The move brings Rehfeld’s away from its decades-long home at 210 S. Phillips Ave. and is months in the making. When Cook saw Luciano’s was leaving this spring, he reached out to ask about the building.

“I always had this space on my mind, but it was sort of like a diamond, and I thought there’s no way we’ll be able to work something out,” he said. “It snowballed from there, so in my opinion it’s really been a collaborative effort.”

He plans to open before the end of the summer.

The balance of the first-floor space will be an expanded venture for chef Lance White, who has operated Chef Lance’s Cafe & Catering out of the kitchen at Signature Flight Support at Joe Foss Field for the past two years.

The chef and his wife, Jenny, will move their business, which has outgrown its space, to the west side of the first floor and rename it Chef Lance’s on Phillips.
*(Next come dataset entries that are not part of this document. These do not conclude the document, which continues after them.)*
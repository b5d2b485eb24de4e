-- ===== src/Connectivity/Revocation/Sessions.antt =====
-- What is left of an app session whose access has ended, and what it can still do.
use agent_tunnel.Base.{ℕ, ◌≡◌, ◌≢◌, sym, ap, subst, Bool, true, false, none, List, arith, nat_eq}
use agent_tunnel.Base.Text.{Text, text_eq, trim}
use agent_tunnel.Base.Peer.{Peer, peer_eq}
use agent_tunnel.Base.Dict.{has, lookup-insert}
use agent_tunnel.Connectivity.{Registry, AppOwner, TunnelAttempt, ok}
use agent_tunnel.Connectivity.Access.{app_owner_revoked, app_peer_active, app_owner_active}
use agent_tunnel.Connectivity.Apps.{register_app_if_valid}
use agent_tunnel.Connectivity.Removal.{
  remove_tunnel_attempts, remove_rendezvous, remove_active_direct, remove_each,
}
use agent_tunnel.Connectivity.Removal.Frame.{remove_each_frame}
use agent_tunnel.Connectivity.Tunnels.{Pending, begin_relay_tunnel}
use agent_tunnel.Connectivity.Requests.{TunnelRequest, Env, normalize_request, requester_active}
use agent_tunnel.Connectivity.Tunnels.Admission.{begin-Checked}
use agent_tunnel.Connectivity.Revocation.{disconnect_app_session}

-- The session is revoked: its id, without the blanks around it, is in the map.
abbrev pub IsRevoked : Registry → Text → Type 0
IsRevoked r session_id = has (trim session_id) r.revoked_apps ≡ true

pub remove_each-IsRevoked :
    (r : Registry) (l : List TunnelAttempt) (session_id : Text)
    → IsRevoked r session_id
    → IsRevoked (remove_each r l).0 session_id
remove_each-IsRevoked r l session_id h =
    subst (λ m. has (trim session_id) m ≡ true)
      (sym (ap (λ (s : Registry). s.revoked_apps) (remove_each_frame r l))) h

pub disconnect_app_session-IsRevoked :
    (r : Registry) (session_id : Text)
    → IsRevoked (disconnect_app_session r session_id).0 session_id
unfolding disconnect_app_session remove_rendezvous remove_active_direct remove_tunnel_attempts has
disconnect_app_session-IsRevoked r session_id =
    remove_each-IsRevoked _ _ session_id
      (ground (arith, lookup-insert (trim session_id) (trim session_id) tt r.revoked_apps))

-- A revoked session has no active connection.
revoked-inactive :
    (r : Registry) (q : TunnelRequest)
    → IsRevoked r q.owner.app_session_id
    → requester_active r q ≡ false
unfolding requester_active app_peer_active app_owner_active app_owner_revoked
revoked-inactive r q h = ground arith

-- No tunnel is begun for a revoked session.
pub begin-revoked :
    (r : Registry) (q : TunnelRequest) (env : Env) (p : Pending)
    → IsRevoked r q.owner.app_session_id
    → (begin_relay_tunnel r q env).1 ≢ ok p
unfolding normalize_request
begin-revoked r q env p h begun =
    let authorized = begin-Checked r q env p begun in
    let inactive = revoked-inactive r (normalize_request q) h in ground arith

-- No connection is registered for a revoked session.
pub register_app-revoked :
    (r : Registry) (owner : AppOwner) (peer : Peer) (valid : Bool) (now : ℕ)
    → IsRevoked r owner.app_session_id
    → register_app_if_valid r owner peer valid now ≡ (r, none)
unfolding register_app_if_valid app_owner_revoked
register_app-revoked r owner peer valid now h = ground arith
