-- ===== src/Connectivity/Machine/Cutoff.antt =====
-- Sequences of steps after DisconnectAppSession.
use agent_tunnel.Base.{
  ℕ, sym, ap, subst, inl, inr, ◌≡◌, ◌≢◌, Bool, true, none, List, [], ◌∷◌, arith, nat_eq,
}
use agent_tunnel.Base.Text.{Text, text_eq, trim}
use agent_tunnel.Base.Peer.{Peer, peer_eq}
use agent_tunnel.Base.Dict.{Dict, insert, has, lookup-insert}
use agent_tunnel.Connectivity.{Registry, AppOwner, LiveApp, ok}
use agent_tunnel.Connectivity.Apps.{register_app_if_valid}
use agent_tunnel.Connectivity.Revocation.{revoke_sessions, disconnect_app_session}
use agent_tunnel.Connectivity.Tunnels.{begin_relay_tunnel, Pending}
use agent_tunnel.Connectivity.Requests.{TunnelRequest, Env}
use agent_tunnel.Connectivity.Revocation.Sessions.{
  IsRevoked, begin-revoked, register_app-revoked, disconnect_app_session-IsRevoked,
}
use agent_tunnel.Connectivity.Machine.{Op, step}
use agent_tunnel.Connectivity.Machine.Books.Daemons.{
  disconnect_session-books, disconnect_user-books,
}
use agent_tunnel.Connectivity.Machine.Books.Tunnels.{begin-HasNoted, noted-accounts}
use agent_tunnel.Connectivity.Machine.Books.Steps.{
  Writes, by_request, by_session, by_user, step-books,
}

more_sessions :
    (revoked : Dict Text (Unit {0})) (key added : Text)
    → has key revoked ≡ true
    → has key (insert added tt revoked) ≡ true
unfolding has
more_sessions revoked key added h = ground (arith, lookup-insert added key tt revoked)

revoke_sessions-has :
    (apps : List LiveApp) (revoked : Dict Text (Unit {0})) (key : Text)
    → has key revoked ≡ true
    → has key (revoke_sessions apps revoked) ≡ true
unfolding revoke_sessions
revoke_sessions-has [] revoked key h = h
revoke_sessions-has (app ∷ apps) revoked key h =
    revoke_sessions-has apps (insert app.owner.app_session_id tt revoked) key
      (more_sessions revoked key app.owner.app_session_id h)

-- A revoked session stays so when the revoked sessions of the registry become these.
moved :
    (revoked later : Dict Text (Unit {0})) (key : Text)
    → later ≡ revoked
    → has key revoked ≡ true
    → has key later ≡ true
moved revoked later key e h = subst (λ m. has key m ≡ true) (sym e) h

write-IsRevoked :
    (r : Registry) (op : Op) (session_id : Text)
    → Writes op
    → IsRevoked r session_id
    → IsRevoked (step r op) session_id
unfolding step
write-IsRevoked r _ session_id (by_request q env) h =
    moved _ _ _ (noted-accounts _ _ _ _ _ (begin-HasNoted r q env)).0 h
write-IsRevoked r _ session_id (by_session other) h =
    moved _ _ _ (ap (λ b. b.0) (disconnect_session-books r other))
      (more_sessions r.revoked_apps (trim session_id) (trim other) h)
write-IsRevoked r _ session_id (by_user id now) h =
    moved _ _ _ (ap (λ b. b.0) (disconnect_user-books r id now))
      (revoke_sessions-has _ r.revoked_apps (trim session_id) h)

step-IsRevoked :
    (r : Registry) (op : Op) (session_id : Text)
    → IsRevoked r session_id
    → IsRevoked (step r op) session_id
step-IsRevoked r op session_id h = elim (step-books r op) [
  | inl e ↦ moved _ _ _ (ap (λ b. b.0) e) h
  | inr w ↦ write-IsRevoked r op session_id w h
]

-- What a sequence of steps leads to.
unfoldable pub run : Registry → List Op → Registry
run r [] = r
run r (op ∷ ops) = run (step r op) ops

run-IsRevoked :
    (ops : List Op) (r : Registry) (session_id : Text)
    → IsRevoked r session_id
    → IsRevoked (run r ops) session_id
unfolding run
run-IsRevoked [] r session_id h = h
run-IsRevoked (op ∷ ops) r session_id h =
    run-IsRevoked ops (step r op) session_id (step-IsRevoked r op session_id h)

abbrev ended : Registry → Text → List Op → Registry
ended r session_id ops = run (disconnect_app_session r session_id).0 ops

-- Once DisconnectAppSession has run for a session, no request of this session is given a tunnel,
-- whatever steps the relay takes in between.
pub begin-disconnect_app_session :
    (r : Registry) (session_id : Text) (ops : List Op) (q : TunnelRequest) (env : Env) (p : Pending)
    → q.owner.app_session_id ≡ session_id
    → (begin_relay_tunnel (run (disconnect_app_session r session_id).0 ops) q env).1 ≢ ok p
begin-disconnect_app_session r session_id ops q env p same =
    let revoked = run-IsRevoked ops _ session_id (disconnect_app_session-IsRevoked r session_id) in
    begin-revoked (ended r session_id ops) q env p (rw same revoked)

-- Once DisconnectAppSession has run for a session, no connection of this session is registered,
-- whatever steps the relay takes in between, and an attempt to do so changes nothing.
pub register_app-disconnect_app_session :
    (r : Registry) (session_id : Text) (ops : List Op) (owner : AppOwner) (peer : Peer)
    (valid : Bool) (now : ℕ)
    → owner.app_session_id ≡ session_id
    → let later = run (disconnect_app_session r session_id).0 ops in
      register_app_if_valid later owner peer valid now ≡ (later, none)
register_app-disconnect_app_session r session_id ops owner peer valid now same =
    let revoked = run-IsRevoked ops _ session_id (disconnect_app_session-IsRevoked r session_id) in
    register_app-revoked (ended r session_id ops) owner peer valid now (rw same revoked)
They’ll continue their prepared-meal and catering services and add a restaurant that will be open for lunch and dinner, said White, who has been in the industry for 25 years.

“We’re planning on serving very family-friendly food, nothing high-end,” he said, noting that his son Corbin will be taking on a larger role in the business. “It will be comfort meals, nice steaks, pasta, a little seafood. We’re not going to be super high-end with five different sauces on the plate. We’re going to do good food, prepared well.”

The lunch menu will be “lots of soups, salads, sandwiches, wraps, burgers,” he said. “We’ll have our French fries, cheese curds, homemade tater tots, asparagus fries.”

Chef Lance’s on Phillips will be open Monday through Saturday, and kitchen hours likely will be 11 a.m. to 2 p.m. for lunch and 5 to 9 p.m. for dinner and until 10 p.m. on Friday and Saturday.

White is pursuing a beer and wine license and envisions using a private dining room in the space for special events, “something like a dinner with five courses and five different wines.” Customers also will be able to reserve the room for meals.

The Whites are in the process of moving in and doing some remodeling. They hope to be open by early September.

The cafe at Joe Foss Field has been offering curbside-only service because of COVID-19, and White hasn’t set a closing date yet. He’s helping recruit a chef to take over the space.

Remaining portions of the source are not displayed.